# Alchemy Coffee?



## Scubadoo (Sep 3, 2012)

Has anyone used these for equipment? any comments?

Cheers

Dave


----------



## lookseehear (Jul 16, 2010)

I've bought beans from them before. Not recently though. Not sure why as they were pretty tasty!


----------



## smudger1875 (Oct 6, 2012)

Scubadoo said:


> Has anyone used these for equipment? any comments?
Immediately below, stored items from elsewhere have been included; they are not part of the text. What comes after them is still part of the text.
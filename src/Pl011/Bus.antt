-- ===== src/Pl011/Bus.antt =====
-- The bus callbacks and the public service of src/dev/pl011.c: the DR write with its loopback,
-- the register writes, the pump and the interrupt line.
use oemu.Common.{
  ℕ, zero, suc, ◌+◌, ◌-◌, ◌%◌, bit_and, bit_or, Bool, true, false, ◌&&◌, Option, none, some, ◌==◌,
  ◌!=◌, if◌then◌else◌,
}
use oemu.Common.Word.{u8, u32, u64, complement}
use oemu.Common.Status.{Status, ok, err_invalid_arg, is_ok, MemSize}
use oemu.Pl011.{
  Pl011, tx_ring, cr_fen, cr_lbe, cr_rxe, int_txis, update_flags, emit, tx_push, inject, read_dr,
  read_register, is_too_wide,
}

-- `pl011_read`: the status, what `*value_out` is set to, and the new state.
unfoldable pub read : Pl011 → ℕ → MemSize → Status × Option ℕ × Pl011
unfolding is_too_wide
read uart offset size =
    if is_too_wide size
    then (err_invalid_arg, none, uart)
    else if offset == 0x00
    then (let (v, uart') = read_dr uart in (ok, some v, uart'))
    else (ok, some (read_register uart offset), uart)

-- The byte goes straight to the sink with the FIFO off, and into the ring with the FIFO on.
unfoldable pub transmit : Pl011 → ℕ → Pl011
transmit uart byte =
    if bit_and uart.cr cr_fen == 0
    then (let emitted = emit uart byte in
        record emitted { tx_emitted = u64 (emitted.tx_emitted + 1) })
    else tx_push uart byte

unfoldable pub loop_back : Pl011 → ℕ → Pl011
loop_back uart byte =
    if bit_and uart.cr cr_lbe != 0 && bit_and uart.cr cr_rxe != 0
    then (let (st, uart') = inject uart byte in
        if is_ok st then uart' else record uart' { rx_dropped = u64 (uart'.rx_dropped + 1) })
    else uart

unfoldable pub write_dr : Pl011 → ℕ → Pl011
unfolding transmit loop_back
write_dr uart v =
    let transmitted = transmit uart (u8 v) in
    loop_back (record transmitted { ris = bit_or transmitted.ris int_txis }) (u8 v)

-- The `switch` of `pl011_write`.
unfoldable pub write_register : Pl011 → ℕ → ℕ → Pl011
unfolding write_dr
write_register uart offset v =
    if offset == 0x00
    then write_dr uart v
    else if offset == 0x24
    then record uart { ibrd = v }
    else if offset == 0x28
    then record uart { fbrd = v }
    else if offset == 0x2c
    then record uart { lcr_h = v }
    else if offset == 0x30
    then record uart { cr = v }
    else if offset == 0x34
    then record uart { fifls = v }
    else if offset == 0x38
    then record uart { imsc = v }
    else if offset == 0x44
    then record uart { ris = bit_and uart.ris (complement 32 v) }
    else uart

unfoldable pub write : Pl011 → ℕ → MemSize → ℕ → Status × Pl011
unfolding is_too_wide write_register
write uart offset size value =
    if is_too_wide size
    then (err_invalid_arg, uart)
    else (ok, update_flags (write_register uart offset (u32 value)))

-- One round of the loop of `oemu_pl011_pump`.
unfoldable pub pump_round : Pl011 → Pl011
pump_round uart =
    let taken = record uart {
      tx_head = (uart.tx_head + 1) % tx_ring;
      tx_count = uart.tx_count - 1;
    } in
    let emitted = emit taken (uart.tx uart.tx_head) in
    record emitted { tx_emitted = u64 (emitted.tx_emitted + 1) }

-- `while (uart->tx_count != 0U)`, with the number of bytes emitted; one round of fuel for each
-- queued byte is enough (Pl011/Transmit.antt).
unfoldable pub pump_loop : ℕ → Pl011 → ℕ → ℕ × Pl011
pump_loop zero uart emitted = (emitted, uart)
pump_loop (suc fuel) uart emitted = elim (uart.tx_count != 0) [
  | true ↦ pump_loop fuel (pump_round uart) (emitted + 1)
  | false ↦ (emitted, uart)
]

unfoldable pub pump : Pl011 → ℕ × Pl011
unfolding pump_loop pump_round
pump uart = let (emitted, uart') = pump_loop uart.tx_count uart 0 in (emitted, update_flags uart')

unfoldable pub irq_level : Pl011 → Bool
irq_level uart = bit_and uart.ris uart.imsc != 0
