-- ===== src/Board.antt =====
-- src/main.c: `boot_refresh_levels`, which samples the level-driven interrupt sources and hands the
-- controller's word to the vCPU.
pub mod Deliver
mod Examples
use oemu.Common.{ℕ, ◌+◌, ◌-◌, ◌^◌, Bool, ◌!=◌}
use oemu.Common.Word.{u64}
use oemu.Gicv2.{Gicv2, set_pending}
use oemu.Gicv2 as Gic
use oemu.Gtimer.{pending}
use oemu.Pl011.{Pl011}
use oemu.Pl011.Bus as Uart
use oemu.Sysreg.{Sysregs}

-- BOOT_UART_SPI, BOOT_TIMER_PHYS_PPI and BOOT_TIMER_VIRT_PPI
abbrev pub uart_spi : ℕ
uart_spi = 33

abbrev pub timer_phys_ppi : ℕ
timer_phys_ppi = 30

abbrev pub timer_virt_ppi : ℕ
timer_virt_ppi = 27

-- The three calls of `oemu_gicv2_set_pending`.
unfoldable pub sample_levels : Gicv2 → Pl011 → Sysregs → Gicv2
unfolding pending
sample_levels gic uart sys =
    let with_uart = set_pending gic uart_spi (Uart.irq_level uart) in
    let with_virt = set_pending with_uart timer_virt_ppi (
      pending (u64 (sys.cntvct + 2 ^ 64 - sys.cntvoff_el1)) sys.cntv_ctl_el1 sys.cntv_cval_el1
      != 0) in
    set_pending with_virt timer_phys_ppi
      (pending sys.cntvct sys.cntp_ctl_el1 sys.cntp_cval_el1 != 0)

-- The level that the vCPU is given.
unfoldable pub refresh_levels : Gicv2 → Pl011 → Sysregs → Bool
unfolding sample_levels
refresh_levels gic uart sys = Gic.irq_level (sample_levels gic uart sys) != 0
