-- ===== src/Notification/Worker/Retries.antt =====
-- The delays between the attempts of a delivery.
use match_mate_dating_web.Base.{ℕ, zero, suc, ◌+◌, ◌*◌, ◌^◌, ◌≤◌, ◌<◌, ◌≡◌, arith}
use match_mate_dating_web.Notification.Domain.{retry_delay, shift}

shift_le : (attempt : ℕ) → shift attempt ≤ 6
shift_le zero = omega arith
shift_le (suc n) = ground arith

power_le : (base s : ℕ) → s ≤ 6 → (base ≤ base * 2 ^ s) × (base * 2 ^ s ≤ base * 64)
power_le base zero h = (omega arith, omega arith)
power_le base (suc zero) h = (omega arith, omega arith)
power_le base (suc (suc zero)) h = (omega arith, omega arith)
power_le base (suc (suc (suc zero))) h = (omega arith, omega arith)
power_le base (suc (suc (suc (suc zero)))) h = (omega arith, omega arith)
power_le base (suc (suc (suc (suc (suc zero))))) h = (omega arith, omega arith)
power_le base (suc (suc (suc (suc (suc (suc zero)))))) h = (omega arith, omega arith)
power_le base (suc (suc (suc (suc (suc (suc (suc n))))))) h = absurd (omega arith)

exact :
    (base attempt : ℕ) → base * 64 < 2 ^ 63 → retry_delay base attempt ≡ base * 2 ^ shift attempt
unfolding retry_delay
exact base attempt h = omega (arith, power_le base (shift attempt) (shift_le attempt))

doubled : (base n : ℕ) → n < 6 → base * 2 ^ shift (n + 2) ≡ 2 * (base * 2 ^ shift (n + 1))
doubled base zero h = omega arith
doubled base (suc zero) h = omega arith
doubled base (suc (suc zero)) h = omega arith
doubled base (suc (suc (suc zero))) h = omega arith
doubled base (suc (suc (suc (suc zero)))) h = omega arith
doubled base (suc (suc (suc (suc (suc zero))))) h = omega arith
doubled base (suc (suc (suc (suc (suc (suc n)))))) h = absurd (omega arith)

-- For a base delay whose 64-fold is an `int64`, the delay after any attempt is at least the base
-- and at most 64 times the base, the first is the base itself, and each of the first six is doubled
-- by the next.
pub retry_delay-bounds :
    (base attempt n : ℕ)
    → base * 64 < 2 ^ 63
    → n < 6
    → (retry_delay base 1 ≡ base)
      × ((base ≤ retry_delay base attempt) × (retry_delay base attempt ≤ base * 64))
      × (retry_delay base (n + 2) ≡ 2 * retry_delay base (n + 1))
retry_delay-bounds base attempt n h k = (
  rw (exact base 1 h) (omega arith),
  rw (exact base attempt h) (power_le base (shift attempt) (shift_le attempt)),
  rw (exact base (n + 2) h, exact base (n + 1) h) (doubled base n k),
)
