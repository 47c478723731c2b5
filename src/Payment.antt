-- ===== src/Payment.antt =====
-- The payment service (services/payment-service).
pub mod Domain
pub mod Store
pub mod Service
I was just about to start a thread with the same question. Did you end up using them yourself? Or did you get any other feedback from elsewhere?

Cheers


----------



## dwalsh1 (Mar 3, 2010)

They're OK. I brought some Rocket ACF tulip cups/saucers from them. Not sure why cause I had an Izzo at the time.


----------



## Sofmonk (Jul 25, 2013)

Bought my Rocket Evo Cellini and Mazzer Mini-e from them as they are London based and the prices are very competitive, cheapest I've come across. Ben and Joe know their stuff and were extremely helpful and approachable throughout the transaction. They even threw in a kilo of their seasonal house blend Elixir!!


----------



## coffeechap (Apr 5, 2012)

Nice to see some other suppliers getting a good review and handy for the London folk


----------



## Glenn (Jun 14, 2008)

Alchemy are one of the select few Rocket Authorised resellers. They have also recently opened a coffee shop in London too.


----------



## Mrboots2u (May 10, 2013)

t-c said:


> Ordered the RocketR58 from Alchemy Coffee on 27th November still waiting for it to be dispatched - and growing impatient...


Should try buying an L1 , then you would know the meaning of patience . Presumably you have been in touch with them.


----------